From the line below that contains "(at_once-IsHandled id s (ok_result" to the line that contains "(run_untap-Handles w id", repeat every line exactly, both ends included, and nothing else.

RECORDS PROVIDED: Begin

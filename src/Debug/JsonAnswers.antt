-- ===== src/Debug/JsonAnswers.antt =====
-- A JSON command of a debug connection is answered at once, or starts one call that is waited for.
use thespian.Prelude.{
  ℕ, ◌+◌, ◌^◌, ◌<◌, ◌≡◌, refl, Bool, true, false, List, [], ◌∷◌, ◌++◌, Option, none, some,
  if◌then◌else◌, bytes_eq, All, arith, inl, inr, ◌⊎◌,
}
use thespian.Prelude.Int.{ℤ, pos}
use thespian.Prelude.Text.{codes}
use thespian.Cbor.Result.{Bytes, Result, ok, err, out_of_fuel}
use thespian.Cbor.Json.Print.{to_json}
use thespian.Actor.Messages.{what}
use thespian.Actor.Send.{Sent, sent, refused, raised}
use thespian.Debug.Registry.{get_names}
use thespian.Debug.Commands.{take_call}
use thespian.Debug.Fields.{
  Attempt, done, domain_error, out_of_range, lift, ◌>>=◌, Fields, require, require_string,
  optional_int,
}
use thespian.Debug.Session.{
  Session, World, Effect, sends, Ending, goes_on, says_bye, Activation, is_expired, finish, tap,
  untap,
}
use thespian.Debug.Json.{
  Reply, ok_reply, ok_result, error_reply, later, Handled, handled, reply_buffer, give_answer,
  answered, lookup, run_send, put_call, on_sent, printed_error, on_started, run_call, run_tap,
  tap_reply, run_untap, run_op, run_line, fields_of, id_of, caught, run_json,
}
use thespian.Debug.Answers.{
  answered_ids, started, lives, Gives, IsQuiet, finish-replies, Leaves, dead, Keeps, Gives-Keeps,
  reply_error-Gives,
}
use thespian.Debug.TextAnswers.{tap-Keeps}

abbrev pub IsFree : Session → Type 0
IsFree s = All (λ c. c.0 < s.next_call) s.pending_calls × (s.next_call + 1 < 2 ^ 64)

abbrev IsAnswer : Reply → Type 0
IsAnswer later = ⊥
IsAnswer _ = Unit

-- A call that is started: it is waited for under its number.
pub record Starts (id : Bytes) (s s' : Session) (es : List Effect) : Type 0 where
  pub answers : answered_ids es ≡ []
  pub begins : started es ≡ s.next_call ∷ []
  pub pending : s'.pending_calls ≡ put_call s.next_call id s.pending_calls
  pub number : s'.next_call ≡ s.next_call + 1

record Answers (s : Session) (d : Handled) : Type 0 where
  answer : IsAnswer d.reply
  quiet : IsQuiet d.effects
  keeps : Keeps s d.session

record Waits (id : Bytes) (s : Session) (d : Handled) : Type 0 where
  waits : d.reply ≡ later
  starts : Starts id s d.session d.effects

abbrev IsHandled : Bytes → Session → Handled → Type 0
IsHandled id s d = (lives d.ending ≡ true) × (Answers s d ⊎ Waits id s d)

-- A command that throws nothing is handled.
abbrev Handles : Bytes → Session → Attempt Handled → Type 0
Handles id s (done d) = IsHandled id s d
Handles id s _ = Unit

>>=-Handles {ℓ} :
    {A : Type ℓ} (id : Bytes) (s : Session) (x : Attempt A) (f : A → Attempt Handled)
    → ((a : A) → Handles id s (f a))
    → Handles id s (x >>= f)
>>=-Handles id s (done a) f h = h a
>>=-Handles id s (domain_error e) f h = tt
>>=-Handles id s out_of_range f h = tt
>>=-Handles id s Attempt.stuck f h = tt

answers :
    (id : Bytes) (s s' : Session) (es : List Effect) (r : Reply)
    → IsAnswer r
    → IsQuiet es
    → Keeps s s'
    → IsHandled id s (handled s' es r)
answers id s s' es r a q k = (refl, inl (record { answer = a; quiet = q; keeps = k }))

on_sent-Handles :
    (w : World) (id : Bytes) (s : Session) (a : ℕ) (msg : Bytes) (r : Sent)
    → Handles id s (on_sent w s a msg r)
unfolding on_sent answered_ids started
on_sent-Handles w id s a msg sent =
    answers id s s (sends a msg ∷ []) ok_reply tt (refl, refl) (refl, omega arith)
on_sent-Handles w id s a msg (refused e) =
    >>=-Handles id s (lift (to_json w.floats e)) _
      λ line. answers id s s [] (error_reply line) tt (refl, refl) (refl, omega arith)
on_sent-Handles w id s a msg (raised e) = tt

run_send-Handles :
    (w : World) (id : Bytes) (s : Session) (f : Fields) → Handles id s (run_send w s f)
unfolding run_send
run_send-Handles w id s f = >>=-Handles id s (require_string f (codes "to")) _ λ name.
    >>=-Handles id s (lookup w s name) _ λ a.
      >>=-Handles id s (require f (codes "msg")) _
        λ msg. on_sent-Handles w id s a msg (w.answer a msg)

-- A number that is above all others is put behind them, and can be taken back.
pub take_call-put_call :
    (n : ℕ) (id : Bytes) (calls : List (ℕ × Bytes))
    → All (λ c. c.0 < n) calls
    → (take_call n (put_call n id calls)).1 ≡ calls
unfolding take_call put_call
take_call-put_call n id [] h = ground arith
take_call-put_call n id ((m, i) ∷ calls) h = ground (arith, take_call-put_call n id calls)

on_started-Handles :
    (w : World) (id : Bytes) (s : Session) (a : ℕ) (msg : Bytes) (t : Option ℤ) (e : Option Bytes)
    → IsFree s
    → Handles id s (on_started w s id a msg t e)
unfolding on_started answered_ids started
on_started-Handles w id s a msg t none (below, small) = (
  refl,
  inr (record {
    waits = refl;
    starts = record { answers = refl; begins = refl; pending = refl; number = omega arith };
  }),
)
on_started-Handles w id s a msg t (some e) (below, small) =
    >>=-Handles id s (printed_error (to_json w.floats e)) _ λ line.
      answers id s _ [] (error_reply line) tt (refl, refl)
        (take_call-put_call s.next_call id s.pending_calls below, omega arith)

run_call-Handles :
    (w : World) (id : Bytes) (s : Session) (f : Fields)
    → IsFree s
    → Handles id s (run_call w s id f)
unfolding run_call
run_call-Handles w id s f free = >>=-Handles id s (require_string f (codes "to")) _ λ name.
    >>=-Handles id s (lookup w s name) _ λ a. >>=-Handles id s (require f (codes "msg")) _ λ msg.
      >>=-Handles id s (optional_int f (codes "timeout_ms") (pos 5000)) _
        λ t. on_started-Handles w id s a msg t w.spawn_error free

tap_reply-IsAnswer : (e : Option Bytes) → IsAnswer (tap_reply e)
tap_reply-IsAnswer none = tt
tap_reply-IsAnswer (some e) = tt

if-IsAnswer : (b : Bool) (x y : Reply) → IsAnswer x → IsAnswer y → IsAnswer (if b then x else y)
if-IsAnswer true x y p q = p
if-IsAnswer false x y p q = q

run_tap-Handles : (w : World) (id : Bytes) (s : Session) (f : Fields) → Handles id s (run_tap w s f)
unfolding run_tap answered_ids started
run_tap-Handles w id s f = >>=-Handles id s (require_string f (codes "name")) _ λ name.
    answers id s (tap w name s).1 [] (tap_reply (tap w name s).0)
      (tap_reply-IsAnswer (tap w name s).0) (refl, refl) (tap-Keeps w name s)

run_untap-Handles :
    (w : World) (id : Bytes) (s : Session) (f : Fields) → Handles id s (run_untap w s f)
unfolding run_untap answered_ids started
run_untap-Handles w id s f = >>=-Handles id s (require_string f (codes "name")) _ λ name.
    let missing = error_reply (name ++ codes " not tapped") in
    let found = (untap w name s).0 in
    answers id s (untap w name s).1 [] (if found then ok_reply else missing)
      (if-IsAnswer found ok_reply missing tt tt) (refl, refl) (refl, omega arith)

if-Handles :
    (id : Bytes) (s : Session) (b : Bool) (x y : Attempt Handled)
    → Handles id s x
    → Handles id s y
    → Handles id s (if b then x else y)
if-Handles id s true x y p q = p
if-Handles id s false x y p q = q

-- A branch that only answers.
at_once-IsHandled :
    (id : Bytes) (s : Session) (r : Reply) (e : Ending)
    → IsAnswer r
    → lives e ≡ true
    → IsHandled id s (record (handled s [] r) { ending = e })
unfolding answered_ids started
at_once-IsHandled id s r e a l =
    (l, inl (record { answer = a; quiet = (refl, refl); keeps = (refl, omega arith) }))

run_op-Handles :
    (w : World) (id : Bytes) (s : Session) (f : Fields) (op : Bytes)
    → IsFree s
    → Handles id s (run_op w s id f op)
unfolding run_op
run_op-Handles w id s f op free =
    if-Handles id s (bytes_eq op (codes "list")) _ _
      (at_once-IsHandled id s (ok_result (get_names (is_expired w) s.registry)) goes_on tt refl)
      (if-Handles id s (bytes_eq op (codes "send")) _ _ (run_send-Handles w id s f) (
        if-Handles id s (bytes_eq op (codes "call")) _ _ (run_call-Handles w id s f free) (
          if-Handles id s (bytes_eq op (codes "tap")) _ _ (run_tap-Handles w id s f) (
            if-Handles id s (bytes_eq op (codes "untap")) _ _ (run_untap-Handles w id s f) (
              if-Handles id s (bytes_eq op (codes "bye")) _ _
                (at_once-IsHandled id s ok_reply says_bye tt refl)
                (at_once-IsHandled id s (error_reply (codes "unknown cmd: " ++ op)) goes_on tt
                  refl))))))

run_line-Handles :
    (w : World) (s : Session) (id : Bytes) (fields : Attempt Fields)
    → IsFree s
    → Handles id s (run_line w s id fields)
unfolding run_line
run_line-Handles w s id fields free =
    >>=-Handles id s fields _
      λ f. >>=-Handles id s (require_string f (codes "cmd")) _ λ op. run_op-Handles w id s f op free

give_answer-Gives :
    (w : World) (id : Bytes) (s : Session) (d : Handled)
    → IsQuiet d.effects
    → Keeps s d.session
    → Leaves (id ∷ []) [] s (give_answer w id d)
unfolding give_answer finish
give_answer-Gives w id s d quiet keeps = printed (to_json w.floats (reply_buffer id d.reply)) refl
  where
    printed :
        (r : Result Bytes)
        → to_json w.floats (reply_buffer id d.reply) ≡ r
        → Leaves (id ∷ []) [] s (give_answer w id d)
    printed (ok line) p =
        rw (p, give_answer)
          (λ _. Gives-Keeps keeps (finish-replies d.session d.effects id line d.ending quiet))
    printed (err x) p =
        rw (p, give_answer)
          (λ l. Gives-Keeps keeps (reply_error-Gives w id (what x) d.session d.effects quiet l))
    printed out_of_fuel p = rw (p, give_answer) dead

-- What a line leaves: an answer, or a call that is waited for.
abbrev pub LeavesOne : Bytes → Session → Activation → Type 0
LeavesOne id s a = lives a.ending ≡ true → Gives (id ∷ []) [] s a ⊎ Starts id s a.session a.effects

answered-LeavesOne :
    (w : World) (id : Bytes) (s : Session) (d : Handled)
    → IsHandled id s d
    → LeavesOne id s (answered w id d)
unfolding answered finish
answered-LeavesOne w id s d (l, inl h) = by_reply d.reply refl h.answer
  where
    by_reply : (r : Reply) → d.reply ≡ r → IsAnswer r → LeavesOne id s (answered w id d)
    by_reply later p a = absurd a
    by_reply r p a = rw (p, answered) (λ l. inl (give_answer-Gives w id s d h.quiet h.keeps l))
answered-LeavesOne w id s d (l, inr h) =
    rw (h.waits, answered)
      (λ _. inr (record {
        answers = h.starts.answers;
        begins = h.starts.begins;
        pending = h.starts.pending;
        number = h.starts.number;
      }))

-- A JSON command that does not end the actor by an exception is answered once under its id, or starts
-- the call with the next number, which is waited for under this id.
pub run_json-LeavesOne :
    (w : World) (line : Bytes) (s : Session)
    → IsFree s
    → LeavesOne (id_of (fields_of w line)) s (run_json w line s)
unfolding run_json answered_ids started
run_json-LeavesOne w line s free =
    ends (run_line w s id (fields_of w line)) (run_line-Handles w s id (fields_of w line) free)
  where
    id : Bytes
    id = id_of (fields_of w line)

    ends : (r : Attempt Handled) → Handles id s r → LeavesOne id s (caught w id s r)
    ends (done d) h = answered-LeavesOne w id s d h
    ends (domain_error e) h = λ l. inl (reply_error-Gives w id e s [] (refl, refl) l)
    ends out_of_range h = dead
    ends Attempt.stuck h = dead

RECORDS PROVIDED: End

◆ TASK OUTPUT ◆
      (at_once-IsHandled id s (ok_result (get_names (is_expired w) s.registry)) goes_on tt refl)
      (if-Handles id s (bytes_eq op (codes "send")) _ _ (run_send-Handles w id s f) (
        if-Handles id s (bytes_eq op (codes "call")) _ _ (run_call-Handles w id s f free) (
          if-Handles id s (bytes_eq op (codes "tap")) _ _ (run_tap-Handles w id s f) (
            if-Handles id s (bytes_eq op (codes "untap")) _ _ (run_untap-Handles w id s f) (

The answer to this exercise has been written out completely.